Are gen xers always mad? Honestly, they seem to be the chilliest generation that’s reached adulthood.
That might be why I’m unaware. I don’t have TikTok. Do YouTube shorts, but I guess I’ve just sort of missed em
Here’s a short with a dude laughing at a few:
Mostly just centres around a few Gen Xers ranting about how they “grew up feral” and “had battles for respect and turf”. Not that bad really. But when I see it, I can’t help but think of this meme:
I’m still on mp3s. I have gigs of music on my Plex server and just use that. Fuck subscriptions.
Nobody’s forcing anybody to use subscriptions… still got my MP3 collection from 20 years ago
Your collection is older than I am and I’ve been building up my MP3 playlist. Why pay or watch ads when you can simply have the files themselves?
And the portable MP3 players are most likely still gonna work nowadays. Most of the them had AAA batteries so no need to worry about flat batteries, iPods have a lot of replacement parts as well as upgrades, ex. SD card conversion kits
I thought we were just adaptable and “whatever”.

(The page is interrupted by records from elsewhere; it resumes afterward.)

-- ===== src/Battle/ServerTests.antt =====
-- The theorems on src/service/battle/battleapp at a concrete server.
use heli.Common.{
  ◌≤◌, length, add64, sub64, wrap64, ◌+ℤ◌, ◌-ℤ◌, pos, List, [], ◌∷◌, ◌++◌, some, ◌≡◌, ◌≢◌, refl,
  true, arith, All, string_eq, int_eq, eqb_ℤ,
}
use heli.Common.Table.{find, insert}
use heli.Battle.Room.{add_player, new_room, contains, can_build_on, next_tower_type}
use heli.Battle.Commands.{build_tower, place_tower}
use heli.Battle.Commands.Keep.{run_command}
use heli.Battle.View.{flush_deltas}
use heli.Battle.Server.State.{build_op, ServerCode, given, denied}
use heli.Battle.Server.Token.{build_battle_token, join_comma}
use heli.Common.Decimal.{show_int, digits}
use heli.Battle.Server.Rooms.{rpc_create_battle_room, create_room, add_players, req_battle_join}
use heli.Battle.Server.Ops.{req_battle_op}
use heli.Battle.Server.Events.{
  ServerEvent, creates, joins, operates, ticks, collects, answers, serve_all, new_battle_svr,
}
use heli.Battle.Server.Sessions.{Joined, create_then_join}
use heli.Battle.Server.Moves.{reports_of, Final}
use heli.Battle.Server.Reports.{reported_once, reports-Final}
use heli.Battle.Server.Refused.{operate_refused}
use heli.Battle.Server.Deltas.{all_news, serve_all-Quiet}
use heli.Battle.Server.News.{Quiet}

abbrev events : List ServerEvent
events =
    creates "r" (pos 7 ∷ pos 8 ∷ []) []
    ∷ joins (pos 70) (pos 7) "r" "battle:r:7,8"
    ∷ operates (pos 70) (pos 7) "r" "a" (some (build_op (some (pos 1))))
    ∷ ticks "r"
    ∷ collects "r"
    ∷ answers "r" (denied "timeout")
    ∷ []

reported_once_example : reports_of "r" (serve_all events new_battle_svr).reports ≤ 1
reported_once_example = reported_once events "r"

reports-Final_example : let s = serve_all events new_battle_svr in All (Final s.rooms) s.reports
reports-Final_example = reports-Final events

empty-Quiet : Quiet new_battle_svr.rooms
unfolding new_battle_svr find
empty-Quiet k b h = ground arith

serve_all-Quiet_example :
    Quiet (serve_all events new_battle_svr).rooms
    × ((serve_all events new_battle_svr).sent
        ≡ new_battle_svr.sent ++ all_news events new_battle_svr)
serve_all-Quiet_example = serve_all-Quiet events new_battle_svr empty-Quiet

-- The token of a room of two players, which the server hands out.
granted :
    (rpc_create_battle_room "r" (pos 7 ∷ pos 8 ∷ []) [] new_battle_svr).1 ≡ given "battle:r:7,8"
unfolding rpc_create_battle_room create_room add_players add_player new_room find insert
    new_battle_svr eqb_ℤ build_battle_token show_int digits join_comma
granted = refl

seven_is_in : contains (pos 7) (pos 7 ∷ pos 8 ∷ []) ≡ true
unfolding contains eqb_ℤ
seven_is_in = refl

create_then_join_example :
    let s' = (rpc_create_battle_room "r" (pos 7 ∷ pos 8 ∷ []) [] new_battle_svr).0 in
    let joined = req_battle_join (pos 70) (pos 7) "r" "battle:r:7,8" s' in
    (joined.1 ≡ ServerCode.success) × Joined (pos 70) (pos 7) "r" joined.0
create_then_join_example =
    create_then_join "r" (pos 7 ∷ pos 8 ∷ []) [] new_battle_svr "battle:r:7,8" (pos 70) (pos 7)
      granted seven_is_in

unjoined_code :
    (req_battle_op (pos 70) (pos 7) "r" "a" (some (build_op (some (pos 1)))) new_battle_svr).1.code
    ≢ ServerCode.success
unfolding req_battle_op find new_battle_svr
unjoined_code e = ground arith

operate_refused_example :
    (req_battle_op (pos 70) (pos 7) "r" "a" (some (build_op (some (pos 1)))) new_battle_svr).0
    ≡ new_battle_svr
operate_refused_example =
    operate_refused (pos 70) (pos 7) "r" "a" (some (build_op (some (pos 1)))) new_battle_svr
      unjoined_code

-- A build of the seventh player is told to the seventh, the only one online.
abbrev opening : List ServerEvent
opening =
    creates "r" (pos 7 ∷ pos 8 ∷ []) []
    ∷ joins (pos 70) (pos 7) "r" "battle:r:7,8"
    ∷ operates (pos 70) (pos 7) "r" "a" (some (build_op (some (pos 1))))
    ∷ []

opening_told : length (serve_all opening new_battle_svr).sent ≡ 1
unfolding serve_all new_battle_svr find insert eqb_ℤ req_battle_op req_battle_join
    rpc_create_battle_room create_room add_players add_player new_room show_int digits join_comma
    build_battle_token contains run_command build_tower can_build_on next_tower_type place_tower
    add64 sub64 wrap64 ◌+ℤ◌ ◌-ℤ◌ flush_deltas
opening_told = refl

I still have CDs and records. It’s all burned to digital format, but still. I can’t imagine that anyone misses cassettes.

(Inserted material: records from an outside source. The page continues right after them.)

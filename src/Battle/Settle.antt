-- ===== src/Battle/Settle.antt =====
-- The settlement of src/service/battle/sync/room.go against the players of the room.
use mathlib.Core.List.{Perm}
use heli.Common.{
  ℤ, String, List, [], ◌∷◌, map, true, some, ◌≡◌, ◌↔◌, refl, inl, inr, arith, All, eqb_ℤ, eqb_ℤ_iff,
  int_eq, Bool-cases,
}
use heli.Common.Table.{Table, find}
use heli.Common.Sort.{sort_by, IsSorted, sort_by-IsSorted, sort_by-perm, sort_by-All}
use heli.Battle.Types.{Room, PlayerState, PlayerSettlement, FinishReason}
use heli.Battle.View.{build_settlement, settle_players, ids}

-- Every player stands in the map under its own id.
abbrev pub PlayersNamed : Table ℤ PlayerState → Type 0
PlayersNamed = All (λ e. e.1.player_id ≡ e.0)

abbrev Found : Table ℤ PlayerState → ℤ → Type 0
Found players id = (p : PlayerState) × (find id players ≡ some p) × (p.player_id ≡ id)

Found-cons :
    (id : ℤ) (p : PlayerState) (players : Table ℤ PlayerState) (j : ℤ)
    → p.player_id ≡ id
    → Found players j
    → Found ((id, p) ∷ players) j
unfolding find
Found-cons id p players j named f = elim (Bool-cases (eqb_ℤ id j)) [
  | inl same ↦ (p, ground arith, ground (arith, eqb_ℤ_iff id j))
  | inr other ↦ (f.0, ground arith, f.2)
]

Found-weaken :
    (id : ℤ) (p : PlayerState) (players : Table ℤ PlayerState) (xs : List ℤ)
    → p.player_id ≡ id
    → All (Found players) xs
    → All (Found ((id, p) ∷ players)) xs
Found-weaken id p players [] named a = tt
Found-weaken id p players (x ∷ xs) named a =
    (Found-cons id p players x named a.0, Found-weaken id p players xs named a.1)

ids-Found :
    (players : Table ℤ PlayerState) → PlayersNamed players → All (Found players) (ids players)
unfolding find
ids-Found [] n = tt
ids-Found ((id, p) ∷ players) n = (
  (p, ground (arith, eqb_ℤ_iff id id), n.0),
  Found-weaken id p players (ids players) n.0 (ids-Found players n.1),
)

abbrev pub player_ids : List PlayerSettlement → List ℤ
player_ids = map (λ s. s.player_id)

-- The entry says what the player of its id holds.
abbrev pub Reports : Table ℤ PlayerState → PlayerSettlement → Type 0
Reports players s =
    (p : PlayerState) × (find s.player_id players ≡ some p) × (s.gold ≡ p.gold) × (s.mana ≡ p.mana)

settle_players_ids :
    (xs : List ℤ) (players : Table ℤ PlayerState)
    → All (Found players) xs
    → player_ids (settle_players xs players) ≡ xs
unfolding settle_players
settle_players_ids [] players a = refl
settle_players_ids (x ∷ xs) players ((p, found, named), rest) =
    rw (found, settle_players) (ground (arith, settle_players_ids xs players rest))

settle_players-Reports :
    (xs : List ℤ) (players : Table ℤ PlayerState)
    → All (Found players) xs
    → All (Reports players) (settle_players xs players)
unfolding settle_players
settle_players-Reports [] players a = tt
settle_players-Reports (x ∷ xs) players ((p, found, named), rest) =
    rw (found, settle_players)
      ((p, simp named found, refl, refl), settle_players-Reports xs players rest)

-- The settlement lists every player of the room exactly once, by rising id, with the gold and the
-- mana that the player holds; and it is a win exactly if the room finished with a win. Each player
-- must stand in the map under its own id.
pub build_settlement_lem :
    (room_id : String) (r : Room)
    → PlayersNamed r.players
    → let s = build_settlement room_id r in
      Perm (player_ids s.players) (ids r.players)
      × IsSorted (λ id. id) (player_ids s.players)
      × All (Reports r.players) s.players
      × ((s.win ≡ true) ↔ (r.finish_reason ≡ FinishReason.win))
unfolding build_settlement
build_settlement_lem room_id r named =
    let found =
      sort_by-All (λ id. id) (Found r.players) (ids r.players) (ids-Found r.players named) in
    let same = settle_players_ids (sort_by (λ id. id) (ids r.players)) r.players found in
    (
      rw same (sort_by-perm (λ id. id) (ids r.players)),
      rw same (sort_by-IsSorted (λ id. id) (ids r.players)),
      settle_players-Reports (sort_by (λ id. id) (ids r.players)) r.players found,
      ground arith,
    )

I don’t think anyone actually misses them. The only people I’ve seen that are actually into them now are way to young to be nostalgic for them.
Cassettes seem to interest people pushing back against the trend of instant gratification singles. They like being forced to listen to an entire album. Sometimes it’s just the object itself as merch. and has no relation to listening to the music. Many people buying records and tapes have no means to play either. It’s also all ancient retro tech to them and a tape is just a portable record that won’t skip. Similar to the resurgence in popularity of film formats in photography. There is even an artist out there that released their new single on a wax cylinder format that is damn near impossible for anyone but the curator of an audio format museum to play properly. If you’re nostalgic for the trappings of a time that you never experienced, is that nostalgia or some other thing?
Cassettes wear out. I did that with a couple back in the day. Whereas a record or CD is a solid master copy.
Unless it’s that trendy decor thing people Hoover up albums for, not to listen to, but to hang on their walls. Maybe they’re trying cassettes now to try to be unusual en masse.
There’s some nostalgia. Also, cassettes can sound very good. If you have a good cassette, a good recorder and a good audio source, that is.
Eh. The more you listen though, the worse it gets. Tapes are an inherently temporary medium. If that’s your jam, it’s cool. But I don’t want my music degrading over time.
I mean, I wouldn’t use them as primary mean of keeping a music collection. But they’re great if you happen to have an old sound deck or car that doesn’t take CD. You make yourself a handful of mixtapes and you’re ready to go. Much nicer than some bluetooth-cassette adapter.
I don’t wish we’d go back to using cassettes as a primary music medium, but I think it would be fun to revisit that era of tech and play with them for a little while. Like I think if my 10 year old niece discovered a box of cassette tapes and asked “what are these” I think we could have an hour or two of fun playing with my old boom box.
I still buy CDs, and I still rip them myself (usually 320kbps CBR; I’ve noted that 320kbps VBR sounds really bad in comparison), and manually put them on an SD card that goes into my phone. Sometimes I even use a set of Shure headphones with a <<gasp>> CORD!
If you rip the CD yourself, no digital platform can reach into your home and take that from you. When you ‘buy’ digital licenses to listen to music on streaming platforms, changes in licensing can mean that Spotify, or whoever, can remove your ability to listen to it.
I also love album art. Bands like Clutch make interesting artwork that conveys the vibe of the music is interesting ways. It’s part of a concept, not just the songs. But I’m lazy and now I let the small number of CDs that I still buy stack up until I have a bunch to rip all at once rather than on the day I get them.
Since I usually buy my CDs at concerts, I usually have 4+ to rip in one go.
I still need to re-rip Fallujah, Dawn of Ouroboros, Persefone, and Vulvodynia CDs; I ripped them as 320KBPS VBR, and the sound is muddy, with all of the bright edges and crispness gone. Everything that I’ve ripped to 320KBPS CBR is fine, so I assume it’s something about a variable bit rate that’s trashing the sound. It’s unlistenable to me; it’s so apparent compared to anything else I listen to that it’s completely distracting me from the music itself.
Favorite band of mine was running a kickstarter for their next album. They had lots of add-ons you could also purchase, from T-shirts and such to copies of their previous albums on various formats. I bought a total of five albums on CD, ripped them all to FLAC and now the discs sit safely in my CD rack and I can listen to the music on any device I own. To deprive me of my music you would have to commit a burglary.
Streaming? Hell no! Ripped to Flac, on a 500GB card in my phone. I live in a never ending dance party.